Content starts

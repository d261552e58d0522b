-- ===== src/WanWrite/Targets.antt =====
-- Each write is paired with the read of the same object.
use rustmistmcp.Prelude.{◌≡◌, refl, sym, ap, ◌∙◌, List, [], ◌∷◌, some, String}
use rustmistmcp.Wan.{
  WanObject, network, service, service_policy, gateway_template, device_profile, get_config,
  object_id_name,
}
use rustmistmcp.Wan.Selectors.{find_choice, some-inj}
use rustmistmcp.WanWrite.{WriteVerb, create, update, write_target}

-- The read of a write target is the one that fetches a single object of that type, under the path
-- parameters that this read takes: the organization, and the object's own identifier.
pub write_target-get_config :
    (object : WanObject) (verb : WriteVerb)
    → ((write_target object verb).read_operation_id ≡ (get_config object).operation_id)
      × ((write_target object verb).id_path_name ≡ object_id_name object)
      × ((get_config object).path_names ≡ "org_id" ∷ (write_target object verb).id_path_name ∷ [])
unfolding write_target get_config object_id_name
write_target-get_config network create = (refl, refl, refl)
write_target-get_config network update = (refl, refl, refl)
write_target-get_config service create = (refl, refl, refl)
write_target-get_config service update = (refl, refl, refl)
write_target-get_config service_policy create = (refl, refl, refl)
write_target-get_config service_policy update = (refl, refl, refl)
write_target-get_config gateway_template create = (refl, refl, refl)
write_target-get_config gateway_template update = (refl, refl, refl)
write_target-get_config device_profile create = (refl, refl, refl)
write_target-get_config device_profile update = (refl, refl, refl)

abbrev write_choices : List (WanObject × WriteVerb)
write_choices =
    (network, create)
    ∷ (network, update)
    ∷ (service, create)
    ∷ (service, update)
    ∷ (service_policy, create)
    ∷ (service_policy, update)
    ∷ (gateway_template, create)
    ∷ (gateway_template, update)
    ∷ (device_profile, create)
    ∷ (device_profile, update)
    ∷ []

abbrev written : WanObject × WriteVerb → String
written (object, verb) = (write_target object verb).write_operation_id

find-write_target :
    (object : WanObject) (verb : WriteVerb)
    → find_choice written (written (object, verb)) write_choices ≡ some (object, verb)
unfolding find_choice write_target
find-write_target network create = refl
find-write_target network update = refl
find-write_target service create = refl
find-write_target service update = refl
find-write_target service_policy create = refl
find-write_target service_policy update = refl
find-write_target gateway_template create = refl
find-write_target gateway_template update = refl
find-write_target device_profile create = refl
find-write_target device_profile update = refl

-- No two writes share an operation: the operation determines the object type and the verb.
pub write_target-inj :
    (a b : WanObject × WriteVerb)
    → (write_target a.0 a.1).write_operation_id ≡ (write_target b.0 b.1).write_operation_id
    → a ≡ b
write_target-inj (o, v) (o', v') e = some-inj _ _ (
    sym (find-write_target o v)
    ∙ ap (λ w. find_choice written w write_choices) e
    ∙ find-write_target o' v')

Content ends

• **TASK INSTRUCTIONS**:
Quote the listing word for word from its first line through the line in which "verb).id_path_name ∷ [])" appears.

• **WRITTEN SOLUTION**:
repository d261552e58d0522b
-- ===== src/WanWrite/Targets.antt =====
-- Each write is paired with the read of the same object.
use rustmistmcp.Prelude.{◌≡◌, refl, sym, ap, ◌∙◌, List, [], ◌∷◌, some, String}
use rustmistmcp.Wan.{
  WanObject, network, service, service_policy, gateway_template, device_profile, get_config,
  object_id_name,
}
use rustmistmcp.Wan.Selectors.{find_choice, some-inj}
use rustmistmcp.WanWrite.{WriteVerb, create, update, write_target}

-- The read of a write target is the one that fetches a single object of that type, under the path
-- parameters that this read takes: the organization, and the object's own identifier.
pub write_target-get_config :
    (object : WanObject) (verb : WriteVerb)
    → ((write_target object verb).read_operation_id ≡ (get_config object).operation_id)
      × ((write_target object verb).id_path_name ≡ object_id_name object)
      × ((get_config object).path_names ≡ "org_id" ∷ (write_target object verb).id_path_name ∷ [])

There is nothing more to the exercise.